To address the challenge of launching universal backdoor attacks on tabular data containing mixed numerical and categorical features, this paper proposes CatBack—the first differentiable backdoor attack framework tailored for heterogeneous tabular data. Its core innovation lies in a differentiable floating-point categorical encoding scheme, enabling categorical features to participate in gradient-based optimization and facilitating unified perturbation across all feature types. CatBack supports both white-box and black-box settings, integrates seamlessly with mainstream ML frameworks, and exhibits strong cross-model and cross-scenario transferability alongside high stealthiness. Evaluated on five real-world tabular datasets and four model families, CatBack achieves up to 100% attack success rate and successfully evades state-of-the-art defenses—including Spectral Signatures, Neural Cleanse, and multiple anomaly detection methods—outperforming existing approaches such as Tabdoor in both efficacy and robustness.
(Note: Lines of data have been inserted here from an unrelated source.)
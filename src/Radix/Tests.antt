-- ===== src/Radix/Tests.antt =====
-- A tree of four strings, and instances of the theorems about the radix tree.
use rrrr.Prelude.{
  if◌then◌else◌, ◌==◌, ◌*◌, ◌^◌, none, ℕ, ◌≡◌, refl, some, List, [], ◌∷◌, arith, inr, map_option,
}
use rrrr.Radix.{
  Edge, radix_tree_none, rxt_new, rxt_edge_count, insert_round, insert_from, rxt_insert, load_from,
  rxt_load_strings_from_tdata,
}
use rrrr.Radix.Insert.{Updates, rxt_find-rxt_insert}
use rrrr.Radix.Compress.{compress_loop, Outcome, rxt_find-compress_loop, compress_loop-none}
use rrrr.Radix.Load.{IsLoaded, rxt_load_strings_from_tdata-IsLoaded}

-- "stop", "station", "stop" again, and "".
abbrev stop : List ℕ
stop = 115 ∷ 116 ∷ 111 ∷ 112 ∷ []

abbrev station : List ℕ
station = 115 ∷ 116 ∷ 97 ∷ 116 ∷ 105 ∷ 111 ∷ 110 ∷ []

-- The strings of an array of width 8, and what stands between them.
abbrev names : ℕ → List ℕ
names s = if s == 8 then station else if s == 24 then [] else stop

-- "st" splits off.
edges : map_option rxt_edge_count (rxt_load_strings_from_tdata names 8 4) ≡ some 4
unfolding load_from rxt_load_strings_from_tdata rxt_insert insert_from insert_round rxt_edge_count
edges = refl

rxt_find-rxt_insert_example :
    (t : Edge) × (rxt_insert rxt_new station 7 ≡ some t) × Updates rxt_new station 7 t
rxt_find-rxt_insert_example = rxt_find-rxt_insert rxt_new station 7 (inr refl) (omega arith)

rxt_load_strings_from_tdata-IsLoaded_example :
    (t : Edge) × (rxt_load_strings_from_tdata names 8 4 ≡ some t)
    × IsLoaded (λ idx. names (8 * idx)) 4 t
rxt_load_strings_from_tdata-IsLoaded_example =
    rxt_load_strings_from_tdata-IsLoaded names 8 4 (omega arith) (omega arith)

-- A width of zero, or a product that wraps to zero: nothing is loaded.
no_width : rxt_load_strings_from_tdata names 0 4 ≡ some rxt_new
unfolding load_from rxt_load_strings_from_tdata
no_width = refl

wrapped : rxt_load_strings_from_tdata names (2 ^ 31) 2 ≡ some rxt_new
unfolding load_from rxt_load_strings_from_tdata
wrapped = refl

-- "st" without a value, with "op" below it; and "stat" with "ion".
abbrev short : Edge
short = Edge.edge Edge.null Edge.null 7 (111 ∷ 112 ∷ [])

abbrev long : Edge
long = Edge.edge Edge.null Edge.null 7 (105 ∷ 111 ∷ 110 ∷ [])

merged :
    compress_loop 2 (Edge.edge Edge.null short radix_tree_none (115 ∷ 116 ∷ []))
    ≡ some (Edge.edge Edge.null Edge.null 7 stop)
unfolding compress_loop
merged = refl

rxt_find-compress_loop_example :
    Outcome (Edge.edge Edge.null short radix_tree_none (115 ∷ 116 ∷ []))
rxt_find-compress_loop_example =
    rxt_find-compress_loop Edge.null short radix_tree_none 115 (116 ∷ [])
      (omega arith, omega arith, tt, (omega arith, omega arith, tt, tt))

compress_loop-none_example :
    compress_loop 9 (Edge.edge Edge.null long radix_tree_none (115 ∷ 116 ∷ 97 ∷ 116 ∷ [])) ≡ none
compress_loop-none_example =
    compress_loop-none Edge.null Edge.null 7 (115 ∷ 116 ∷ 97 ∷ 116 ∷ []) (105 ∷ 111 ∷ 110 ∷ []) 9
      (omega arith)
Backdoor attacks in machine learning have drawn significant attention for their potential to compromise models stealthily, yet most research has focused on homogeneous data such as images. In this work, we propose a novel backdoor attack on tabular data, which is particularly challenging due to the presence of both numerical and categorical features. Our key idea is a novel technique to convert categorical values into floating-point representations. This approach preserves enough information to maintain clean-model accuracy compared to traditional methods like one-hot or ordinal encoding. By doing this, we create a gradient-based universal perturbation that applies to all features, including categorical ones. We evaluate our method on five datasets and four popular models. Our results show up to a 100% attack success rate in both white-box and black-box settings (including real-world applications like Vertex AI), revealing a severe vulnerability for tabular data. Our method is shown to surpass the previous works like Tabdoor in terms of performance, while remaining stealthy against state-of-the-art defense mechanisms. We evaluate our attack against Spectral Signatures, Neural Cleanse, Beatrix, and Fine-Pruning, all of which fail to defend successfully against it. We also verify that our attack successfully bypasses popular outlier detection mechanisms.